_TASK ITEM:_ Would you please copy each line below that includes the string "NotPushed"?

_Saved entries:_

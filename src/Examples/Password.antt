-- ===== src/Examples/Password.antt =====
-- The admin password rotation of a Keystone CR: switched on before the first password, and off.
use c5c3_forge.Prelude.{
  ◌≡◌, refl, inl, inr, Bool, true, false, List, [], ◌∷◌, String, Option, none, some, pos,
  Bool-cases, str_eq, has, lookup, if◌then◌else◌, arith, subst,
}
use c5c3_forge.Kube.Error.{ok}
use c5c3_forge.Rotation.{Secret, SecretClient, completed_annotation}
use c5c3_forge.Keystone.Keys.Create.{KeysPass}
use c5c3_forge.Keystone.Password.State.{
  PasswordRotationSpec, PasswordOwner, PasswordClient, push_source_ready, validate_admin_password,
}
use c5c3_forge.Keystone.Password.Teardown.{delete_objects, teardown_password_rotation}
use c5c3_forge.Keystone.Password.{reconcile_password_rotation}
use c5c3_forge.Keystone.Password.Withheld.{PasswordGuarded, reconcile_password_rotation-Withheld}
use c5c3_forge.Keystone.Password.Disabled.{
  TeardownLaws, Removed, reconcile_password_rotation-Removed,
}
use c5c3_forge.Examples.Conditions.{meta, meta_laws}

-- A cluster is the names, or the kinds, of what is in it.
abbrev Names : Type 0
Names = List String

unfoldable without_name : String → Names → Names
without_name x [] = []
without_name x (y ∷ ys) = let rest = without_name x ys in if str_eq x y then rest else y ∷ rest

abbrev secrets : SecretClient Names
secrets = record {
  update = λ w s. ("Secret" ∷ w, none);
  delete_unchanged = λ w s. (without_name s.name w, none);
  parse_time = λ s. ok 7;
}

abbrev push_source : Secret
push_source = record { name = "keystone-admin-password-next"; annotations = []; payload = [] }

-- A CronJob has staged a password that is too short.
abbrev staging : Secret
staging = record {
  name = "keystone-admin-password-rotation";
  annotations = (completed_annotation, "2026-01-02T03:04:05Z") ∷ [];
  payload = ("password", "secret") ∷ [];
}

abbrev client : PasswordClient Names
client = record {
  secrets = secrets;
  ensure_push_source = λ w name. ("Secret" ∷ w, ok push_source);
  ensure_staging = λ w name kind. ("Secret" ∷ w, ok staging);
  ensure_rbac = λ w name. ("Role" ∷ w, none);
  ensure_script = λ w name. ("ConfigMap" ∷ w, ok name);
  ensure_cron_job = λ w script. ("CronJob" ∷ w, none);
  ensure_push_secret = λ w name. ("PushSecret" ∷ w, none);
  delete = λ w obj. (without_name obj.name w, none);
  prune_scripts = λ w base. (without_name base w, none);
}

abbrev rotation : Bool → Option PasswordRotationSpec
rotation enabled = some (record { enabled = enabled; password_length = pos 32 })

abbrev owner : Bool → PasswordOwner
owner enabled = record {
  name = "keystone";
  namespace = "openstack";
  generation = 2;
  password_rotation = rotation enabled;
}

abbrev pass : Names → KeysPass Names
pass w = record { conditions = []; events = []; ages = []; cluster = w }

has-without_name_self : (x : String) (w : Names) → has x (without_name x w) ≡ false
unfolding has without_name
has-without_name_self x [] = refl
has-without_name_self x (y ∷ ys) = elim (Bool-cases (str_eq x y)) [
  | inl e ↦ rw e (has-without_name_self x ys)
  | inr e ↦ rw (e, e) (has-without_name_self x ys)
]

has-without_name : (x y : String) (w : Names) → has y w ≡ false → has y (without_name x w) ≡ false
unfolding has without_name
has-without_name x y [] h = refl
has-without_name x y (z ∷ zs) h = elim (Bool-cases (str_eq x z)) [
  | inl e ↦ rw e (has-without_name x y zs (ground arith))
  | inr e ↦ elim (Bool-cases (str_eq y z)) [
    | inl f ↦ absurd (cc (rw f at h))
    | inr f ↦ rw (e, f) (has-without_name x y zs (rw f at h))
  ]
]

laws : TeardownLaws client (λ w obj. has obj.name w ≡ false)
laws = record {
  deleted = λ w obj e. has-without_name_self obj.name w;
  delete_keeps = λ w obj other h. has-without_name obj.name other.name w h;
  prune_keeps = λ w base obj h. has-without_name base obj.name w h;
}

abbrev before : KeysPass Names
before = pass ("keystone-admin-password-next" ∷ "keystone-db" ∷ [])

torn_down : (reconcile_password_rotation meta client (owner false) before).1.error ≡ none
unfolding reconcile_password_rotation teardown_password_rotation delete_objects
torn_down = refl

reconcile_password_rotation-Removed_example :
    Removed meta client
      (owner false)
      laws
      (reconcile_password_rotation meta client (owner false) before).0
reconcile_password_rotation-Removed_example =
    reconcile_password_rotation-Removed meta client (owner false) laws meta_laws before refl
      torn_down

-- No PushSecret is in the cluster.
abbrev NotPushed : Names → Type 0
NotPushed w = has "PushSecret" w ≡ false

guarded : PasswordGuarded client 32 NotPushed
unfolding has
guarded = record {
  commit = record {
    valid = λ w s v h. h;
    empty = λ w s n e h. h;
    delete = λ w s n h. has-without_name s.name "PushSecret" w h;
  };
  ensure_push_source = λ w n h. h;
  ensure_staging = λ w n l h. h;
  ensure_rbac = λ w n h. h;
  ensure_script = λ w n h. h;
  ensure_cron_job = λ w n h. h;
}

unready :
    (s : Secret)
    → (client.ensure_push_source [] "keystone-admin-password-next").1 ≡ ok s
    → push_source_ready s 32 ≡ false
unfolding validate_admin_password lookup
unready s e = subst (λ t. push_source_ready t 32 ≡ false) same_secret refl
  where
    same_secret : push_source ≡ s
    same_secret = cc e

nothing_pushed : NotPushed []
unfolding has
nothing_pushed = refl

reconcile_password_rotation-Withheld_example :
    NotPushed (reconcile_password_rotation meta client (owner true) (pass [])).0.cluster
reconcile_password_rotation-Withheld_example =
    reconcile_password_rotation-Withheld meta client (owner true) guarded (pass []) refl unready
      nothing_pushed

_ANSWER AREA:_
abbrev NotPushed : Names → Type 0
NotPushed w = has "PushSecret" w ≡ false
guarded : PasswordGuarded client 32 NotPushed
nothing_pushed : NotPushed []
    NotPushed (reconcile_password_rotation meta client (owner true) (pass [])).0.cluster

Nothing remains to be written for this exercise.